Thursday, March 5, 2015

Penal station story

Port Arthur was designated after George Arthur, the Lieutenant Governor of Van Diemen's Land. The settlement commenced as a timber station in 1830, but it is best kenned for being a penal colony.
From 1833, until 1853, it was the destination for the hardest of convicted British malefactors, those who were secondary offenders having re-offended after their advent in Australia. Rebellious personalities from other convict stations were additionally sent here, a quite undesirable penalization. In additament Port Arthur had some of the most rigorous security measures of the British penal system.
Port Arthur was one example of the "Separate Prison Typology" (sometimes kenned as the Model prison), which emerged from Jeremy Bentham’s theories and his panopticon.[4] The prison was consummated in 1853 but then elongated in 1855. The layout of the prison was fairly symmetrical. It was a cross shape with exercise yards at each corner. The prisoner wings were each connected to the surveillance core of the Prison as well as the Chapel, in the Centre Hall.[5] From this surveillance hub each wing could be pellucidly optically discerned, albeit individual cells could not.
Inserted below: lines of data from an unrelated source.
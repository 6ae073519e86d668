-- ===== src/Parser/Main/Lines.antt =====
-- parse.c with vm.c: the quarks of a chunk, as find_quark reads them.
use calx.Base.{
  ℕ, zero, suc, ◌+◌, ◌-◌, ◌≤◌, ◌<◌, ◌≡◌, refl, ap, ◌∙◌, inl, inr, Option, none, some, List, [], ◌∷◌,
  arith, get_elem?, length, leb, ◌==◌, if◌then◌else◌, Bool-cases,
}
use mathlib.Core.Option
use calx.Parser.Main.{same_line, add_quark, quarks_loop, to_chunk}
use calx.Parser.State.{TaggedInstr, Parser}
use calx.Vm.State.{Quark}
use calx.Vm.Trace.{find_quark, Sorted, no_later, no_later-le, quark_loop-no_later}

abbrev or_else : Option ℕ → Option ℕ → Option ℕ
or_else none line = line
or_else (some l) line = some l

-- the line of the last instruction up to an index that has one; `line` is that before the first one
abbrev pub last_line : Option ℕ → List TaggedInstr → ℕ → Option ℕ
last_line line [] i = line
last_line line (ti ∷ prog) zero = or_else ti.line line
last_line line (ti ∷ prog) (suc i) = last_line (or_else ti.line line) prog i

-- the line of the quark at the index that was found
abbrev pub quark_line : List Quark → Option ℕ → Option ℕ
quark_line quarks none = none
quark_line quarks (some k) = Option.map (λ (q : Quark). q.line) (get_elem? quarks k)

-- the line of the last of the leading quarks that are no later than the instruction
line_up_to : Option ℕ → ℕ → List Quark → Option ℕ
line_up_to line i [] = line
line_up_to line i (q ∷ quarks) =
    let more = line_up_to (some q.line) i quarks in if leb q.instr i then more else line

-- what find_quark and quark_line make of the count of those quarks
line_of_count : Option ℕ → ℕ → List Quark → Option ℕ
line_of_count line zero quarks = line
line_of_count line (suc k) quarks = quark_line quarks (some k)

shift :
    (q : Quark) (quarks : List Quark) (n : ℕ)
    → quark_line (q ∷ quarks) (some n) ≡ line_of_count (some q.line) n quarks
unfolding line_of_count
shift q quarks zero = refl
shift q quarks (suc n) = refl

count-line_up_to :
    (line : Option ℕ) (i : ℕ) (quarks : List Quark)
    → line_of_count line (no_later i quarks) quarks ≡ line_up_to line i quarks
unfolding line_up_to line_of_count
count-line_up_to line i [] = refl
count-line_up_to line i (q ∷ quarks) = elim (Bool-cases (leb q.instr i)) [
  | inl e ↦ rw e (shift q quarks (no_later i quarks) ∙ count-line_up_to (some q.line) i quarks)
  | inr e ↦ rw e refl
]

test : (n : ℕ) → (if suc n == 0 then none else some (suc n - 1)) ≡ some n
test n = ground arith

find_quark-line_up_to :
    (i : ℕ) (quarks : List Quark)
    → Sorted quarks
    → quark_line quarks (find_quark i quarks) ≡ line_up_to none i quarks
unfolding find_quark line_of_count
find_quark-line_up_to i quarks h =
    let found =
      quark_loop-no_later (suc (length quarks)) i quarks 0 (length quarks) h (omega arith)
        (no_later-le i quarks) (omega arith) (omega arith) in
    rw found (by_count (no_later i quarks)) ∙ count-line_up_to none i quarks
  where
    by_count :
        (n : ℕ)
        → quark_line quarks (if n == 0 then none else some (n - 1)) ≡ line_of_count none n quarks
    by_count zero = refl
    by_count (suc n) = ap (λ o. quark_line quarks o) (test n)

-- quarks of later instructions
add_quark-before :
    (line : Option ℕ) (i n : ℕ) (cur tl : Option ℕ) (again : Option ℕ → List Quark)
    → i < n
    → ((cur' : Option ℕ) → line_up_to line i (again cur') ≡ line)
    → line_up_to line i (add_quark n cur tl again) ≡ line
unfolding line_up_to add_quark
add_quark-before line i n cur none again h ih = ih cur
add_quark-before line i n cur (some l) again h ih = elim (Bool-cases (same_line cur l)) [
  | inl e ↦ rw e (ih cur)
  | inr e ↦ rw e (ground arith)
]

line_up_to-before :
    (line : Option ℕ) (i n : ℕ) (cur : Option ℕ) (prog : List TaggedInstr)
    → i < n
    → line_up_to line i (quarks_loop n cur prog) ≡ line
unfolding line_up_to quarks_loop
line_up_to-before line i n cur [] h = refl
line_up_to-before line i n cur (ti ∷ prog) h =
    add_quark-before line i n cur ti.line (λ c. quarks_loop (suc n) c prog) h
      (λ c. line_up_to-before line i (suc n) c prog (omega arith))

add_quark-Sorted :
    (q : Quark) (n : ℕ) (cur tl : Option ℕ) (again : Option ℕ → List Quark)
    → q.instr ≤ n
    → ((r : Quark) (cur' : Option ℕ) → r.instr ≤ n → Sorted (r ∷ again cur'))
    → Sorted (q ∷ add_quark n cur tl again)
unfolding add_quark
add_quark-Sorted q n cur none again h ih = ih q cur h
add_quark-Sorted q n cur (some l) again h ih = elim (Bool-cases (same_line cur l)) [
  | inl e ↦ rw e (ih q cur h)
  | inr e ↦ let r : Quark = record { instr = n; line = l } in rw e (h, ih r (some l) (omega arith))
]

quarks_loop-Sorted :
    (q : Quark) (n : ℕ) (cur : Option ℕ) (prog : List TaggedInstr)
    → q.instr ≤ n
    → Sorted (q ∷ quarks_loop n cur prog)
unfolding quarks_loop
quarks_loop-Sorted q n cur [] h = tt
quarks_loop-Sorted q n cur (ti ∷ prog) h =
    add_quark-Sorted q n cur ti.line (λ c. quarks_loop (suc n) c prog) h
      (λ r c k. quarks_loop-Sorted r (suc n) c prog (omega arith))

Sorted-of : (q : Quark) (quarks : List Quark) → Sorted (q ∷ quarks) → Sorted quarks
Sorted-of q [] h = tt
Sorted-of q (r ∷ quarks) h = h.1

-- the line of the last quark is that of the last instruction that has one
add_quark-line :
    (i n : ℕ) (cur tl : Option ℕ) (again : Option ℕ → List Quark)
    → n ≤ i
    → line_up_to cur i (add_quark n cur tl again)
      ≡ line_up_to (or_else tl cur) i (again (or_else tl cur))
unfolding line_up_to add_quark same_line
add_quark-line i n cur none again h = refl
add_quark-line i n none (some l) again h = ground arith
add_quark-line i n (some k) (some l) again h = ground arith

line_up_to-last_line :
    (n i : ℕ) (cur : Option ℕ) (prog : List TaggedInstr)
    → line_up_to cur (n + i) (quarks_loop n cur prog) ≡ last_line cur prog i
unfolding line_up_to quarks_loop
line_up_to-last_line n i cur [] = refl
line_up_to-last_line n zero cur (ti ∷ prog) =
    add_quark-line (n + 0) n cur ti.line (λ c. quarks_loop (suc n) c prog) (omega arith)
    ∙ line_up_to-before (or_else ti.line cur) (n + 0) (suc n) (or_else ti.line cur) prog
        (omega arith)
line_up_to-last_line n (suc i) cur (ti ∷ prog) =
    let e : n + suc i ≡ suc n + i = omega arith in
    add_quark-line (n + suc i) n cur ti.line (λ c. quarks_loop (suc n) c prog) (omega arith)
    ∙ rw e (line_up_to-last_line (suc n) i (or_else ti.line cur) prog)

-- For every instruction of a compiled program, find_quark gives a quark with the line of the last
-- instruction up to it that has a line, or none where there is no such instruction.
pub to_chunk-last_line :
    (p : Parser) (i : ℕ)
    → quark_line (to_chunk p).quarks (find_quark i (to_chunk p).quarks) ≡ last_line none p.prog i
unfolding to_chunk
to_chunk-last_line p i =
    let first : Quark = record { instr = 0; line = 0 } in
    let quarks = quarks_loop 0 none p.prog in
    let h = Sorted-of first quarks (quarks_loop-Sorted first 0 none p.prog (omega arith)) in
    let e : 0 + i ≡ i = omega arith in
    find_quark-line_up_to i quarks h ∙ rw e at (line_up_to-last_line 0 i none p.prog)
                                              Panoramio - Photos by Anna Strumillo
                                                                   Penal colony
The Separate Prison System withal signalled a shift from physical penalization to psychological penalization. It was thought that the hard corporal penalization, such as whippings, utilized in other penal stations only accommodated to harden malefactors, and did nothing to turn them from their immoral ways. For example, aliment was habituated to reward well-deported prisoners and as penalization for troublemakers. As a reward, a prisoner could receive more astronomically immense amounts of pabulum or even luxury items such as tea, sugar and tobacco. As penalization, the prisoners would receive the bare minimum of bread and dihydrogen monoxide.Under this system of penalization the "Silent System" was implemented in the building. Here prisoners were hooded and made to stay silent, this was supposed to sanction time for the prisoner to reflect upon the actions which had brought him there. Many of the prisoners in the Separate Prison developed phrenic illness from the lack of light and sound.This was an unintended outcome albeit the asylum was built right in juxtaposition of the Separate Prison. In many ways Port Arthur was the model for many of the penal reform kineticism, despite shipping, housing and slave-labour utilization of convicts being as rigorous, or worse, than others stations around the nation.